Zumindest ich kann sagen, dass ich hier keinen "Status" habe. Für die beiden Sterne bekomme ich nicht einmal einen Kaffee oder ein Brötchen. Es ist eher ein Beleg dafür, dass man über mehrere Jahre der Community treu war. Ich habe hier trotz Sternstatus auf Redis geschimpft, mich mit anderen Sternen gezankt und Praktiken auf der Seite in Frage gestellt. Wäre der Status wirklich so wichtig, wie ihr immer denkt, dann hätte man mich (und andere) schon längst bannen müssen, da wir trotz „PCG-Sonderstatus“ gegen das Board hier gemeckert haben. Wegen weniger wurde ich schon von Publisher-Boards verjagt, die schlicht damit überfordert waren, weil jemand mit Beispielen gestützte Kritik an einem Spiel des Hauses äußerte. 

Ich / wir akzeptieren andere User und Meinungen (außer die sind zu polemisch ( komisch / etc), nur muss man diese Meinungen oftmals richtig stellen. Zwischen akzeptieren und verstehen liegen noch immer Welten.

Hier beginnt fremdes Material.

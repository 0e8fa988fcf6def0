-- ===== src/Project/Termination.antt =====
-- The rounds of the loop of `reconcileProject`.
use text.Mathlib.TextLemmas.{append_cancel_left}
use workshop_operator.Prelude.{
  ◌≡◌, ◌≢◌, refl, sym, ap, ◌∙◌, ℕ, ◌≤◌, ◌<◌, ◌+◌, String, Bool, true, false, arith, itoa-injective,
  itoa,
}
use workshop_operator.Kube.Object.{Object, ref, role_binding, namespace}
use workshop_operator.Kube.Env.{Env}
use workshop_operator.Kube.Flow.{Code, Return, next, success, function, has_error, is_requeued}
use workshop_operator.Kube.Lawful.{IsLawful, AnswersReads}
use workshop_operator.Kube.Runs.{
  Runs, Runs-pure, Runs-bind, Runs-function, Runs-propagate, Runs-create, returned-Ended,
}
use workshop_operator.Kube.Rounds.Bounds.{rounds_from-Runs}
use workshop_operator.Build.Base.{Workshop}
use workshop_operator.Build.Cluster.{new_namespace, new_role_binding_users, new_role_binding_sa}
use workshop_operator.Project.{
  add_project, manage_roles, reconcile_project, project_rounds, per_user, is_added, project_ref,
  user_role_binding, default_role_binding, argocd_edit_role_binding, staging_project_name,
  project_username,
}

module _ (env : Env) (law : IsLawful env) (answers : AnswersReads env law) (ws : Workshop)
    (n : ℕ) where
  open env use {World}

  -- There is no project for the number `n`.
  abbrev Absent : World → Type 0
  Absent w = law.present w (project_ref ws n) ≡ false

  create_role :
      (o : Object)
      → role_binding ≡ (ref o).kind
      → (w : World) → Absent w
      → Absent (env.create o w).1
  create_role o k w h = law.create_adds_only o w _ (λ p. namespace_ne (ap (λ r. r.kind) p ∙ k')) h
    where
      k' : (ref o).kind ≡ role_binding
      k' = ground arith

      namespace_ne : namespace ≢ role_binding
      namespace_ne p = cc

  create_project :
      (id : ℕ)
      → id ≢ n
      → (w : World) → Absent w
      → Absent (env.create (new_namespace (staging_project_name ws id)) w).1
  unfolding new_namespace
  create_project id ne w h =
      law.create_adds_only _ w _
        (λ p. ne (
          itoa-injective id n (append_cancel_left _ (itoa id) (itoa n) (sym (ap (λ r. r.name) p)))))
        h

  manage_roles-Runs :
      (project_name username : String) → Runs Absent (manage_roles env project_name username)
  unfolding manage_roles user_role_binding default_role_binding argocd_edit_role_binding
      new_role_binding_users new_role_binding_sa
  manage_roles-Runs project_name username = Runs-function Absent _ (
      Runs-bind Absent _ _ (Runs-create env Absent _ (create_role _ refl)) λ _.
        Runs-bind Absent _ _ (Runs-create env Absent _ (create_role _ refl)) λ _.
          Runs-bind Absent _ _ (Runs-create env Absent _ (create_role _ refl))
            λ _. Runs-pure Absent success)

  add_project-Runs :
      (id : ℕ)
      → id ≢ n
      → Runs Absent (add_project env (staging_project_name ws id) (project_username id))
  unfolding add_project
  add_project-Runs id ne = Runs-function Absent _ (
      Runs-bind Absent _ _ (Runs-create env Absent _ (create_project id ne)) λ _.
        Runs-bind Absent _ _ (Runs-propagate Absent has_error _ (manage_roles-Runs _ _))
          λ _. Runs-pure Absent success)

  module _ (users : ℕ) (beyond : users < n) where
    loop : ℕ → ℕ → Code World (Unit {0})
    loop = project_rounds env ws (add_project env) (is_added env ws users)

    per_user-Runs :
        (id : ℕ) (b : Bool) → id ≢ n → Runs Absent (per_user env ws (add_project env) id b)
    unfolding per_user
    per_user-Runs id true ne = Runs-pure Absent tt
    per_user-Runs id false ne = Runs-propagate Absent is_requeued _ (add_project-Runs id ne)

    loop-Runs : (fuel id : ℕ) → id ≤ n → n < fuel + id → Runs Absent (loop fuel id)
    unfolding loop
    loop-Runs =
        rounds_from-Runs env Absent (is_added env ws users) _ (project_ref ws) n
          (λ r w h. law.get_keeps r w _ ∙ h) (answers (project_ref ws n)) (ground arith)
          (λ id t. per_user-Runs id _ (ground arith))

    -- Where a lawful cluster has no project for a number beyond the users, and answers reads, the
    -- loop of `reconcileProject` ends: that number bounds its rounds, and the handler returns a
    -- result.
    pub reconcile_project-returns :
        (w : World)
        → law.present w (project_ref ws n) ≡ false
        → (r : Return) × ((reconcile_project env ws n users w).0 ≡ next r)
    unfolding reconcile_project function loop
    reconcile_project-returns w h =
        returned-Ended _
          ((Runs-bind Absent _ _ (loop-Runs n 1 (omega arith) (omega arith))
              (λ _. Runs-pure Absent success)).at
            w h).0
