-- ===== src/Serverless/Objects.antt =====
-- The objects of the serverless component.
use workshop_operator.Prelude.{◌≡◌, refl, String, true, false, List, [], ◌∷◌}
use workshop_operator.Kube.Object.{Ref, namespace}
use workshop_operator.Kube.Env.{Env, Error}
use workshop_operator.Kube.Flow.{Return, failure, next, success, is_requeued}
use workshop_operator.Kube.Lawful.{IsLawful}
use workshop_operator.Kube.Installs.{
  AllPresent, InstallsCall, InstallsCall-function, Installs-pure, Installs-create, Installs-call,
}
use workshop_operator.Kube.Removes.{
  Removed, RemovesCall, RemovesCall-function, Removes-pure, Removes-delete,
}
use workshop_operator.Build.Base.{Workshop}
use workshop_operator.Build.Cluster.{new_namespace}
use workshop_operator.Build.Subscriptions.{new_red_hat_subscription}
use workshop_operator.InstallPlan.{subscription_ref}
use workshop_operator.Serverless.{
  add_serverless, delete_serverless, reconcile_serverless, add_if_enabled,
  serverless_namespace_name, knative_serving_namespace_name, knative_eventing_namespace_name,
  serverless_subscription_name, serverless_subscription_namespace_name,
}

abbrev pub namespace_ref : String → Ref
namespace_ref name = record { kind = namespace; namespace_name = ""; name = name }

abbrev pub serverless_refs : List Ref
serverless_refs =
    namespace_ref serverless_namespace_name
    ∷ subscription_ref serverless_subscription_name serverless_subscription_namespace_name
    ∷ namespace_ref knative_serving_namespace_name
    ∷ namespace_ref knative_eventing_namespace_name
    ∷ []

abbrev pub deleted_serverless_refs : List Ref
deleted_serverless_refs =
    namespace_ref knative_eventing_namespace_name
    ∷ namespace_ref knative_serving_namespace_name
    ∷ subscription_ref serverless_subscription_name serverless_subscription_namespace_name
    ∷ namespace_ref serverless_namespace_name
    ∷ []

fails : (e : Error) → is_requeued (failure e) ≡ true
unfolding is_requeued
fails e = refl

module _ (env : Env) (law : IsLawful env) (ws : Workshop) where
  open env use {World}

  add_serverless-Installs : InstallsCall env law is_requeued (add_serverless env ws) serverless_refs
  unfolding add_serverless new_namespace new_red_hat_subscription
  add_serverless-Installs = InstallsCall-function env law is_requeued _ (
      search (Installs-pure env law is_requeued, Installs-create env law is_requeued fails) depth 8)

  delete_serverless-Removes :
      RemovesCall env law is_requeued (delete_serverless env ws) deleted_serverless_refs
  unfolding delete_serverless new_namespace new_red_hat_subscription
  delete_serverless-Removes =
      RemovesCall-function env law is_requeued _ (
        search (Removes-pure env law is_requeued, Removes-delete env law is_requeued fails) depth 8)

  enabled-Installs :
      ws.spec.infrastructure.serverless.enabled ≡ true
      → InstallsCall env law is_requeued (reconcile_serverless env ws) serverless_refs
  unfolding reconcile_serverless
  enabled-Installs on =
      rw (on, add_if_enabled)
        (InstallsCall-function env law is_requeued _ (
          Installs-call env law is_requeued {k = []} is_requeued _ _ (λ r e. e)
            add_serverless-Installs (Installs-pure env law is_requeued success)))

  -- In a lawful cluster, with the component enabled, a run that is not requeued leaves the
  -- namespace of the operator, its subscription and the two namespaces of Knative in the cluster.
  pub reconcile_serverless-AllPresent :
      (w : World) (r : Return)
      → ws.spec.infrastructure.serverless.enabled ≡ true
      → (reconcile_serverless env ws w).0 ≡ next r
      → is_requeued r ≡ false
      → AllPresent env law (reconcile_serverless env ws w).1 serverless_refs
  reconcile_serverless-AllPresent w r on e n = (enabled-Installs on).meets.done w r e n

  -- In a lawful cluster, a deletion that is not requeued has found each of the objects, and the
  -- subscription is gone.
  pub delete_serverless-Removed :
      (w : World) (r : Return)
      → (delete_serverless env ws w).0 ≡ next r
      → is_requeued r ≡ false
      → Removed env law deleted_serverless_refs w (delete_serverless env ws w).1
  delete_serverless-Removed w r e n = delete_serverless-Removes.meets.done w r e n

Da können wir jetzt Stunden oder Tage drüber diskutieren. Ich bleibe zumindest hier meinem Standpunkt treu, weil mich die letzten Jahre gelehrt haben, dass zumindest bei solchen Themen niemals ein Konsens zu erreichen ist. Du kannst dich gerne hier weiter beschweren. Ich akzeptiere das, verstehen kann ich es jedoch nicht.

Regards, eX!


----------



## Mothman (23. November 2007)

eX2tremiousU am 23.11.2007 15:00 schrieb:
			
		

> Mothman am 23.11.2007 14:19 schrieb:
> 
> 
> 
> ...


Muss ich jetzt dankbar sein, dass ich hier noch mitreden darf, weil ich woanders ja schon lange gesperrt worden wäre? Es gibt keien Grund mich zu sperren oder in eine regelwidrige Ecke zu drängen..
Außerdem hab ich nicht immer was zu meckern, sondern ich will einfach dieses Gefühl loswerden, dass einigen "Sternies" einer abgeht, weil sie Müllman spielen dürfen. Ich empfinde das als peinlich und schäme mich massiv fremd.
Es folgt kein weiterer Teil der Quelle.